Please find the lines in the following records that hold "Core", and copy them.

++++++++

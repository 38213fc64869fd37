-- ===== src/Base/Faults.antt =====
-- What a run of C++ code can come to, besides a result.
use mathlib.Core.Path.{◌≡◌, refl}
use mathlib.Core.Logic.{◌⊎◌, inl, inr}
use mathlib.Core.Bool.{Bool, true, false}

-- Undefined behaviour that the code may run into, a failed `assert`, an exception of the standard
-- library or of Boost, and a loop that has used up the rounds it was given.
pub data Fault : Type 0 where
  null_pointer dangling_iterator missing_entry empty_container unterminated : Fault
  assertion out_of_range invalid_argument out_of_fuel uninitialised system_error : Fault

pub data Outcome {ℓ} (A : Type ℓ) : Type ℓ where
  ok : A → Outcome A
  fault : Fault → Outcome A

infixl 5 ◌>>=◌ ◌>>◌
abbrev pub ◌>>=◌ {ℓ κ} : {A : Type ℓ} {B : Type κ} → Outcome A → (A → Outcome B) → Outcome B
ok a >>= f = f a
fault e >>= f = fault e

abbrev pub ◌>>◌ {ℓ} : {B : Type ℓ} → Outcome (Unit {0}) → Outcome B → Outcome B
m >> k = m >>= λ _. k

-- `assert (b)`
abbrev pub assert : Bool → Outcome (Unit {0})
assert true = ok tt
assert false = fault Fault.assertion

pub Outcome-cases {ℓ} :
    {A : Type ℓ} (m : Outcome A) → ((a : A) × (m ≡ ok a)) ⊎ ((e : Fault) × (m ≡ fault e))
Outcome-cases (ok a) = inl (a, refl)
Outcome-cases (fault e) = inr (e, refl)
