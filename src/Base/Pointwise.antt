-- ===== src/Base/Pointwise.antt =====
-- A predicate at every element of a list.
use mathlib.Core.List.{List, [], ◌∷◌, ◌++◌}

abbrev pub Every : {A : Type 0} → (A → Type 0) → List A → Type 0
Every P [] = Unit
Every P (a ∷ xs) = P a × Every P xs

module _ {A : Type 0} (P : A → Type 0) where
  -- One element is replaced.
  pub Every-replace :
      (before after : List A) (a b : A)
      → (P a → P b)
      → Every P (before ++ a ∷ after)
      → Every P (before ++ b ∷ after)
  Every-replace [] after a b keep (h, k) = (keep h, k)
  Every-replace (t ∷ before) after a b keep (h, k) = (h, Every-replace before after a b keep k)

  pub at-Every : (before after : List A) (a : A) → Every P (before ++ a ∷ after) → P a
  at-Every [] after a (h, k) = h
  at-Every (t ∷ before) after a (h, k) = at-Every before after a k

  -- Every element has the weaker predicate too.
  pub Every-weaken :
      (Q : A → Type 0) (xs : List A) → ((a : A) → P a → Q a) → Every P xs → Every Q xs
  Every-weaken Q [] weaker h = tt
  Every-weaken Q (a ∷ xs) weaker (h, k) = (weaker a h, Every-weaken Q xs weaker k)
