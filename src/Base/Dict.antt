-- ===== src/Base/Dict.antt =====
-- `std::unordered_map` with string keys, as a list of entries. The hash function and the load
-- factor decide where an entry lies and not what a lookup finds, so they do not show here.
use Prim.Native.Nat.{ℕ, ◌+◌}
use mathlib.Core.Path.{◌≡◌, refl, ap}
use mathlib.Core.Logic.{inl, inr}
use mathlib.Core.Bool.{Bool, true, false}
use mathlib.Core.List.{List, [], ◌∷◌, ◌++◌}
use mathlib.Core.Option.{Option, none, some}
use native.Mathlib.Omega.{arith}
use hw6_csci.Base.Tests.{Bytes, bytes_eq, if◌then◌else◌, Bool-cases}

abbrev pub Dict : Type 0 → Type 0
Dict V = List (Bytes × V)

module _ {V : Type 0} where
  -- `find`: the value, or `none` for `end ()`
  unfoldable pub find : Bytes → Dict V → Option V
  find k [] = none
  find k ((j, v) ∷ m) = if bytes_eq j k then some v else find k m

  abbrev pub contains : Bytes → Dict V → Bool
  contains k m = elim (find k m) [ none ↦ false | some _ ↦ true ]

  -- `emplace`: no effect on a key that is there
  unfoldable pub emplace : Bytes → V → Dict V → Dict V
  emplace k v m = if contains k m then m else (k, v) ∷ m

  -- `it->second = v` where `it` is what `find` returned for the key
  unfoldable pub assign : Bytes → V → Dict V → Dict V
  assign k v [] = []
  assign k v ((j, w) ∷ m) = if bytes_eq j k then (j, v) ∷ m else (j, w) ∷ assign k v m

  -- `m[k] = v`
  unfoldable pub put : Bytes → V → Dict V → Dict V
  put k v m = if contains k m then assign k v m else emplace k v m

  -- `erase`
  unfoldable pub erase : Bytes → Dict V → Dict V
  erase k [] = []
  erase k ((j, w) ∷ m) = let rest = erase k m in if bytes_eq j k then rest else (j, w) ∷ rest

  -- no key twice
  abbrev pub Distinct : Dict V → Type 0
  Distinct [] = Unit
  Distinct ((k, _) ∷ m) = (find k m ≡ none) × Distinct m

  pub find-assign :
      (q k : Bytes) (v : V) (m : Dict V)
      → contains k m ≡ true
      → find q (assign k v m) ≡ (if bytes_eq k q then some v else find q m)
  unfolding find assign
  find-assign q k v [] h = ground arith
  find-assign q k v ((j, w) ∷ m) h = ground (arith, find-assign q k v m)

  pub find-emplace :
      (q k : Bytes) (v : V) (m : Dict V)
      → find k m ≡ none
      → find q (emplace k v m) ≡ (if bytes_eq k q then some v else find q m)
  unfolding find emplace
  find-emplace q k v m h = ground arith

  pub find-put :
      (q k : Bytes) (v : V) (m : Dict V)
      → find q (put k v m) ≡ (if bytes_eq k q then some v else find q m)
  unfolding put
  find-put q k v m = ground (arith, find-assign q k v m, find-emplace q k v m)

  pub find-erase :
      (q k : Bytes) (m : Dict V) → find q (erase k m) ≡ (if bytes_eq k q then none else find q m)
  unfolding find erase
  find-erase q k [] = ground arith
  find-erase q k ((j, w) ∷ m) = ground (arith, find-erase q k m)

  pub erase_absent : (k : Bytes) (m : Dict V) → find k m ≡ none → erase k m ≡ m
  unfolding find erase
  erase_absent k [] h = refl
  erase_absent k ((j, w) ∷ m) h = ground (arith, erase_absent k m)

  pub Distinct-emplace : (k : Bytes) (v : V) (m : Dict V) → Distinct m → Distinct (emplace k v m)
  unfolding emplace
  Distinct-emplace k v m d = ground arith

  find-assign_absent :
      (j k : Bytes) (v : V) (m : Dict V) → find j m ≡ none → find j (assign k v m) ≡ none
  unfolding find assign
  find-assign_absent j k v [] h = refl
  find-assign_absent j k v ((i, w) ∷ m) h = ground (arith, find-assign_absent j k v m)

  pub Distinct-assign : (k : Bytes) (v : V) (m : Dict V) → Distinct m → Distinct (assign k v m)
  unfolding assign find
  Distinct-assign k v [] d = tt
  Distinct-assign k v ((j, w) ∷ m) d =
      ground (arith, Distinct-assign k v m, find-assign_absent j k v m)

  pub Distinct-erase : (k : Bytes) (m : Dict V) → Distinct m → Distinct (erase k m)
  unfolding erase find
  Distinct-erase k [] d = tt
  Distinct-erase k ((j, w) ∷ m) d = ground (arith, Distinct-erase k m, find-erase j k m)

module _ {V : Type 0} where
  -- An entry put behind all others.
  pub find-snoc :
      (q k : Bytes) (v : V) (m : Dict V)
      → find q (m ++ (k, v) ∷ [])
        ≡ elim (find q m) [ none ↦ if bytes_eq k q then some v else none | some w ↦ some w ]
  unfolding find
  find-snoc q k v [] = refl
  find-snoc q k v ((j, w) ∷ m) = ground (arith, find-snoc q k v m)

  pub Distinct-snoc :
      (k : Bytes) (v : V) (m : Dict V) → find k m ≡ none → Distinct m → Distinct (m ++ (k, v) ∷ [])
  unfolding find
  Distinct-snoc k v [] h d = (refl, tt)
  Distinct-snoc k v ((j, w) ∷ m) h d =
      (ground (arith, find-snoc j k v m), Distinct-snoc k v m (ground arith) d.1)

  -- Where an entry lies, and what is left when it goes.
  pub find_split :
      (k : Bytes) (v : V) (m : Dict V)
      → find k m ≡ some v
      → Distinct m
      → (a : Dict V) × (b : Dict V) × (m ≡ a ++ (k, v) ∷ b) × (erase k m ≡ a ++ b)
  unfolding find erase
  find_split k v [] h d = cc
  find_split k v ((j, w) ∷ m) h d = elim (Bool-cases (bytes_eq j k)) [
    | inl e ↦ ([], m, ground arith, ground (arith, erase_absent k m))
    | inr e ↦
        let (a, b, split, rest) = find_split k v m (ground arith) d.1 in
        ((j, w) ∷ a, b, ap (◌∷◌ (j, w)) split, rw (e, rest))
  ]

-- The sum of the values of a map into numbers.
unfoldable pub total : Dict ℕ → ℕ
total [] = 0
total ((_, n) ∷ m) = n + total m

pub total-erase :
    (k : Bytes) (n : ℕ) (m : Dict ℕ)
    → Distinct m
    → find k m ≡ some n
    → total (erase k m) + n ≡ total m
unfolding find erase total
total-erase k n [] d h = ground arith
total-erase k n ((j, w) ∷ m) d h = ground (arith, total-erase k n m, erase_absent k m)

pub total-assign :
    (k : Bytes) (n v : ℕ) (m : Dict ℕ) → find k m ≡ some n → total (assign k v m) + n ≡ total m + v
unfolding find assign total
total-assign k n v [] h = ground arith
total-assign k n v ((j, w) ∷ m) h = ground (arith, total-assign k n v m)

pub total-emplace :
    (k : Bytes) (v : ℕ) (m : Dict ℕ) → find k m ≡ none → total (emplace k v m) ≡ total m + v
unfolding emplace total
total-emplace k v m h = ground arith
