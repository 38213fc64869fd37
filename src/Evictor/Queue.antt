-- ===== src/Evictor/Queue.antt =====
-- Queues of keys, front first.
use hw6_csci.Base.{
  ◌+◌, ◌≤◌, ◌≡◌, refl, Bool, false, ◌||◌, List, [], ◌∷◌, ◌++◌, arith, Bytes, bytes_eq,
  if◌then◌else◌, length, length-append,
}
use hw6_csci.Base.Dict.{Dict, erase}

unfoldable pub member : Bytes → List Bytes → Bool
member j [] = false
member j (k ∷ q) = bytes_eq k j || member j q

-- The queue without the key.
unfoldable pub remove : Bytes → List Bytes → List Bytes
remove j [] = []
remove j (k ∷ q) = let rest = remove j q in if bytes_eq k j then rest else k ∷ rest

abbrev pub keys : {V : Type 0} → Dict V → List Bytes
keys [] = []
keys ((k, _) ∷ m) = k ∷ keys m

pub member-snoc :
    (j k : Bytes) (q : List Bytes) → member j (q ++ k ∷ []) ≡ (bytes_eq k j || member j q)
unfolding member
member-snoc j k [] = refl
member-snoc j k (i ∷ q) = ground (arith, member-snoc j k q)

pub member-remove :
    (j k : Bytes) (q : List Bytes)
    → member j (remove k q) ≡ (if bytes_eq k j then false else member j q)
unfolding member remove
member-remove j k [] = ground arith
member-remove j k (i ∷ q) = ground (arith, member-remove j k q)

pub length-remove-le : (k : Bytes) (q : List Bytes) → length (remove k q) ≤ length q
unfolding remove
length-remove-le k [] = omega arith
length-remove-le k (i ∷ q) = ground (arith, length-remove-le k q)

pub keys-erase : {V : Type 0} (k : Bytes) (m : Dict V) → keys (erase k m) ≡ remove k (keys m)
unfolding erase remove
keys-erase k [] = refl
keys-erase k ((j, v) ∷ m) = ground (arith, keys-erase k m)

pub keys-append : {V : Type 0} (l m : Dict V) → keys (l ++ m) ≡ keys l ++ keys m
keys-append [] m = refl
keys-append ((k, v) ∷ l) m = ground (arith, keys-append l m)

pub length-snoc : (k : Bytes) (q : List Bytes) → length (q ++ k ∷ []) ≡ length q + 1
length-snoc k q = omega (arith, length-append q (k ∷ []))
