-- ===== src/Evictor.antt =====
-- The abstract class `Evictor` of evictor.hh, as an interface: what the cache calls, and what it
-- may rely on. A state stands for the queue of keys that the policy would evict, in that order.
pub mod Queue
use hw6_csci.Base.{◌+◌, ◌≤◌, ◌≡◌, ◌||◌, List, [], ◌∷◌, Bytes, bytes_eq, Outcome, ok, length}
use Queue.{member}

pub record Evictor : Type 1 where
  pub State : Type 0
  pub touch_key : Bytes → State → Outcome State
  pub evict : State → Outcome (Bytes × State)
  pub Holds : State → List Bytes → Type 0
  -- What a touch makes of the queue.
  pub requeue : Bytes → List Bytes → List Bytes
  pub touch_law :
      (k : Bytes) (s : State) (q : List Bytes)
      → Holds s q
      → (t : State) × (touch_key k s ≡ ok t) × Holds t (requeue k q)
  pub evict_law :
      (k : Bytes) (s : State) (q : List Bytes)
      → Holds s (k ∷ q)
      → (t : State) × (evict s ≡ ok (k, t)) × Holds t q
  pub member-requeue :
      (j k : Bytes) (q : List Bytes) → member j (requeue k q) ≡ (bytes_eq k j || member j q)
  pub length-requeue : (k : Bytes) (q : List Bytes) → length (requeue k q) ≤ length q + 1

++++++++

TASK ANSWER →
use mathlib.Core.Path.{◌≡◌, refl}
use mathlib.Core.Logic.{◌⊎◌, inl, inr}
use mathlib.Core.Bool.{Bool, true, false}
use mathlib.Core.List.{List, [], ◌∷◌, ◌++◌}
use mathlib.Core.Path.{◌≡◌, refl, ap}
use mathlib.Core.Logic.{inl, inr}
use mathlib.Core.Bool.{Bool, true, false}
use mathlib.Core.List.{List, [], ◌∷◌, ◌++◌}
use mathlib.Core.Option.{Option, none, some}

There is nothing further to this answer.